* **Record excerpts**:
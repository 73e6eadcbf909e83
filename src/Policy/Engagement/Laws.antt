-- ===== src/Policy/Engagement/Laws.antt =====
-- What a validated engagement policy promises about the rule that a gate finds.
use donkeyspace.Prelude.{
  ◌≡◌, refl, Bool, true, false, not, List, [], ◌∷◌, Option, none, some, Result, ok, Memᴰ, ◌⊎◌,
  for_each, contains_mem, ==_iff, All, arith, >>-eq-ok, Option-cases, inl, inr, when_some, text_eq,
  fail_if, ◌>>◌,
}
use donkeyspace.Text.{Text, is_blank, eq_ignore_ascii_case, to_ascii_lowercase}
use donkeyspace.Policy.Engagement.{
  EngagementGate, EngagementSelector, EngagementRule, RepositoryEngagementPolicy, EngagementPolicy,
  rule, rule_or, global_rule, repository_rule, find_repository, validate, validate_rule,
  validate_rules, validate_selector, validate_repository, validate_repository_name, rule_in,
  associations, permissions, initial, needs_info_resume, blocked_resume, needs_human_resume,
}

-- What a selector must look like.
abbrev pub IsSelector : EngagementSelector → Type 0
IsSelector (EngagementSelector.user login) = is_blank login ≡ false
IsSelector (EngagementSelector.bot login) = is_blank login ≡ false
IsSelector (EngagementSelector.organization_member organization) = is_blank organization ≡ false
IsSelector (EngagementSelector.team_member organization team_slug) =
    (is_blank organization ≡ false) × (is_blank team_slug ≡ false)
IsSelector (EngagementSelector.author_association association) = Memᴰ association associations
IsSelector (EngagementSelector.collaborator_permission minimum) = Memᴰ minimum permissions
IsSelector (EngagementSelector.github_app (some id) none) = Unit
IsSelector (EngagementSelector.github_app none (some slug)) = is_blank slug ≡ false
IsSelector (EngagementSelector.github_app _ _) = ⊥
IsSelector _ = Unit

listed : (b : Bool) (e : Text) → fail_if (not b) e ≡ ok tt → b ≡ true
listed b e h = ground arith

validate_selector_sound : (s : EngagementSelector) → validate_selector s ≡ ok tt → IsSelector s
unfolding validate_selector
validate_selector_sound (EngagementSelector.author_association a) h =
    contains_mem associations a (listed _ _ h)
validate_selector_sound (EngagementSelector.collaborator_permission m) h =
    contains_mem permissions m (listed _ _ h)
validate_selector_sound (EngagementSelector.github_app none none) h = cc
validate_selector_sound (EngagementSelector.github_app none (some slug)) h = ground arith
validate_selector_sound (EngagementSelector.github_app (some i) none) h = tt
validate_selector_sound (EngagementSelector.github_app (some i) (some slug)) h = cc
validate_selector_sound (EngagementSelector.user l) h = ground arith
validate_selector_sound (EngagementSelector.bot l) h = ground arith
validate_selector_sound (EngagementSelector.organization_member o) h = ground arith
validate_selector_sound (EngagementSelector.team_member o t) h = ground arith
validate_selector_sound _ h = tt

abbrev pub IsWellFormed : EngagementRule → Type 0
IsWellFormed r = All IsSelector r.allow

each-IsSelector :
    (ss : List EngagementSelector) → for_each validate_selector ss ≡ ok tt → All IsSelector ss
each-IsSelector [] h = tt
each-IsSelector (s ∷ ss) h =
    let (p, q) = >>-eq-ok (validate_selector s) _ h in
    (validate_selector_sound s p, each-IsSelector ss q)

validate_rule-IsWellFormed : (r : EngagementRule) → validate_rule r ≡ ok tt → IsWellFormed r
unfolding validate_rule
validate_rule-IsWellFormed r h = each-IsSelector r.allow h

rule_or-IsWellFormed :
    (o : Option EngagementRule) (d : EngagementRule)
    → when_some o validate_rule ≡ ok tt
    → validate_rule d ≡ ok tt
    → IsWellFormed (rule_or o d)
rule_or-IsWellFormed none d h k = validate_rule-IsWellFormed d k
rule_or-IsWellFormed (some r) d h k = validate_rule-IsWellFormed r h

-- The five checks, taken apart.
validate_rules_parts :
    (d : EngagementRule) (a b c e : Option EngagementRule)
    → validate_rules d (a ∷ b ∷ c ∷ e ∷ []) ≡ ok tt
    → (validate_rule d ≡ ok tt)
      × (when_some a validate_rule ≡ ok tt)
      × (when_some b validate_rule ≡ ok tt)
      × (when_some c validate_rule ≡ ok tt)
      × (when_some e validate_rule ≡ ok tt)
validate_rules_parts d a b c e h = ground arith

repository_rule-IsWellFormed :
    (gate : EngagementGate) (p : RepositoryEngagementPolicy)
    → validate_repository p ≡ ok tt
    → IsWellFormed (repository_rule gate p)
unfolding repository_rule validate_repository
repository_rule-IsWellFormed gate p h =
    let (d, a, b, c, e) =
      validate_rules_parts p.default p.initial p.needs_info_resume p.blocked_resume
        p.needs_human_resume h in
    elim gate as (λ g. IsWellFormed (repository_rule g p)) [
      | initial ↦ rule_or-IsWellFormed p.initial p.default a d
      | needs_info_resume ↦ rule_or-IsWellFormed p.needs_info_resume p.default b d
      | blocked_resume ↦ rule_or-IsWellFormed p.blocked_resume p.default c d
      | needs_human_resume ↦ rule_or-IsWellFormed p.needs_human_resume p.default e d
    ]

global_rule-IsWellFormed :
    (gate : EngagementGate) (p : EngagementPolicy)
    → validate_rules p.default
        (p.initial ∷ p.needs_info_resume ∷ p.blocked_resume ∷ p.needs_human_resume ∷ [])
      ≡ ok tt
    → IsWellFormed (global_rule gate p)
unfolding global_rule
global_rule-IsWellFormed gate p h =
    let (d, a, b, c, e) =
      validate_rules_parts p.default p.initial p.needs_info_resume p.blocked_resume
        p.needs_human_resume h in
    elim gate as (λ g. IsWellFormed (global_rule g p)) [
      | initial ↦ rule_or-IsWellFormed p.initial p.default a d
      | needs_info_resume ↦ rule_or-IsWellFormed p.needs_info_resume p.default b d
      | blocked_resume ↦ rule_or-IsWellFormed p.blocked_resume p.default c d
      | needs_human_resume ↦ rule_or-IsWellFormed p.needs_human_resume p.default e d
    ]

abbrev check_entry : Text × RepositoryEngagementPolicy → Result Text (Unit {0})
check_entry e = validate_repository_name e.0 >> validate_repository e.1

find_repository-validate :
    (repository : Text) (m : List (Text × RepositoryEngagementPolicy))
    (rules : RepositoryEngagementPolicy)
    → for_each check_entry m ≡ ok tt
    → find_repository repository m ≡ some rules
    → validate_repository rules ≡ ok tt
unfolding find_repository
find_repository-validate repository [] rules h f = cc
find_repository-validate repository ((name, r) ∷ m) rules h f =
    let (p, q) = >>-eq-ok (check_entry (name, r)) _ h in
    let (n, v) = >>-eq-ok (validate_repository_name name) _ p in
    ground (arith, find_repository-validate repository m rules q)

abbrev others : EngagementPolicy → List (Option EngagementRule)
others p = p.initial ∷ p.needs_info_resume ∷ p.blocked_resume ∷ p.needs_human_resume ∷ []

validate_parts :
    (p : EngagementPolicy)
    → validate p ≡ ok tt
    → (validate_rules p.default (others p) ≡ ok tt) × (for_each check_entry p.repositories ≡ ok tt)
unfolding validate
validate_parts p h =
    >>-eq-ok (validate_rules p.default (others p)) (for_each check_entry p.repositories) h

-- In a policy that passes `validate` the rule found for any gate and any repository, known or not,
-- has only well-formed selectors: no blank login, organization or slug, a known author association
-- or permission, and a GitHub App by exactly one of id and slug.
pub rule-IsWellFormed :
    (p : EngagementPolicy) (gate : EngagementGate) (repository : Option Text)
    → validate p ≡ ok tt
    → IsWellFormed (rule p gate repository)
unfolding rule
rule-IsWellFormed p gate none h =
    let (g, r) = validate_parts p h in global_rule-IsWellFormed gate p g
rule-IsWellFormed p gate (some repository) h =
    let (g, r) = validate_parts p h in
    elim (Option-cases (find_repository repository p.repositories)) [
      | inl e ↦ rw (e, rule_in) (global_rule-IsWellFormed gate p g)
      | inr (rules, e) ↦
          rw (e, rule_in)
            (repository_rule-IsWellFormed gate rules
              (find_repository-validate repository p.repositories rules r e))
    ]

find_repository_case :
    (a b : Text) (m : List (Text × RepositoryEngagementPolicy))
    → to_ascii_lowercase a ≡ to_ascii_lowercase b
    → find_repository a m ≡ find_repository b m
unfolding find_repository eq_ignore_ascii_case
find_repository_case a b [] h = refl
find_repository_case a b ((name, r) ∷ m) h = rw (h, find_repository_case a b m h)

-- Repository names that differ only in the case of ASCII letters find the same rule at every gate.
pub rule_ignores_case :
    (p : EngagementPolicy) (gate : EngagementGate) (a b : Text)
    → eq_ignore_ascii_case a b ≡ true
    → rule p gate (some a) ≡ rule p gate (some b)
unfolding rule eq_ignore_ascii_case
rule_ignores_case p gate a b h = rw (
    find_repository_case a b p.repositories
      ((==_iff (to_ascii_lowercase a) (to_ascii_lowercase b)).0 h))

-- The rule that a repository states for a gate, if any.
abbrev pub own : EngagementGate → RepositoryEngagementPolicy → Option EngagementRule
own initial r = r.initial
own needs_info_resume r = r.needs_info_resume
own blocked_resume r = r.blocked_resume
own needs_human_resume r = r.needs_human_resume

own_cases :
    (gate : EngagementGate) (r : RepositoryEngagementPolicy)
    → ((own gate r ≡ none) × (repository_rule gate r ≡ r.default))
      ⊎ (own gate r ≡ some (repository_rule gate r))
unfolding repository_rule
own_cases gate r = ground arith

-- A repository with rules of its own gets the rule of the gate there, or else its own default:
-- two policies that agree on the repositories agree on its rule, whatever their global rules are.
pub rule_shields_repository :
    (p q : EngagementPolicy) (gate : EngagementGate) (repository : Text)
    {rules : RepositoryEngagementPolicy}
    → p.repositories ≡ q.repositories
    → find_repository repository p.repositories ≡ some rules
    → (rule p gate (some repository) ≡ rule q gate (some repository))
      × (((own gate rules ≡ none) × (rule p gate (some repository) ≡ rules.default))
          ⊎ (own gate rules ≡ some (rule p gate (some repository))))
unfolding rule repository_rule
rule_shields_repository p q gate repository {rules} e f =
    let g : find_repository repository q.repositories ≡ some rules = rw e at f in
    rw (f, g, rule_in) (refl, own_cases gate rules)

* **What is expected**: Please give back the records exactly as written, beginning at the first line and including the line that holds "unfolding validate_selector" as the last.

* **Answer below**:
repository 73e6eadcbf909e83
filename src/Policy/Engagement/Laws.antt
-- ===== src/Policy/Engagement/Laws.antt =====
-- What a validated engagement policy promises about the rule that a gate finds.
use donkeyspace.Prelude.{
  ◌≡◌, refl, Bool, true, false, not, List, [], ◌∷◌, Option, none, some, Result, ok, Memᴰ, ◌⊎◌,
  for_each, contains_mem, ==_iff, All, arith, >>-eq-ok, Option-cases, inl, inr, when_some, text_eq,
  fail_if, ◌>>◌,
}
use donkeyspace.Text.{Text, is_blank, eq_ignore_ascii_case, to_ascii_lowercase}
use donkeyspace.Policy.Engagement.{
  EngagementGate, EngagementSelector, EngagementRule, RepositoryEngagementPolicy, EngagementPolicy,
  rule, rule_or, global_rule, repository_rule, find_repository, validate, validate_rule,
  validate_rules, validate_selector, validate_repository, validate_repository_name, rule_in,
  associations, permissions, initial, needs_info_resume, blocked_resume, needs_human_resume,
}

-- What a selector must look like.
abbrev pub IsSelector : EngagementSelector → Type 0
IsSelector (EngagementSelector.user login) = is_blank login ≡ false
IsSelector (EngagementSelector.bot login) = is_blank login ≡ false
IsSelector (EngagementSelector.organization_member organization) = is_blank organization ≡ false
IsSelector (EngagementSelector.team_member organization team_slug) =
    (is_blank organization ≡ false) × (is_blank team_slug ≡ false)
IsSelector (EngagementSelector.author_association association) = Memᴰ association associations
IsSelector (EngagementSelector.collaborator_permission minimum) = Memᴰ minimum permissions
IsSelector (EngagementSelector.github_app (some id) none) = Unit
IsSelector (EngagementSelector.github_app none (some slug)) = is_blank slug ≡ false
IsSelector (EngagementSelector.github_app _ _) = ⊥
IsSelector _ = Unit

listed : (b : Bool) (e : Text) → fail_if (not b) e ≡ ok tt → b ≡ true
listed b e h = ground arith

validate_selector_sound : (s : EngagementSelector) → validate_selector s ≡ ok tt → IsSelector s
unfolding validate_selector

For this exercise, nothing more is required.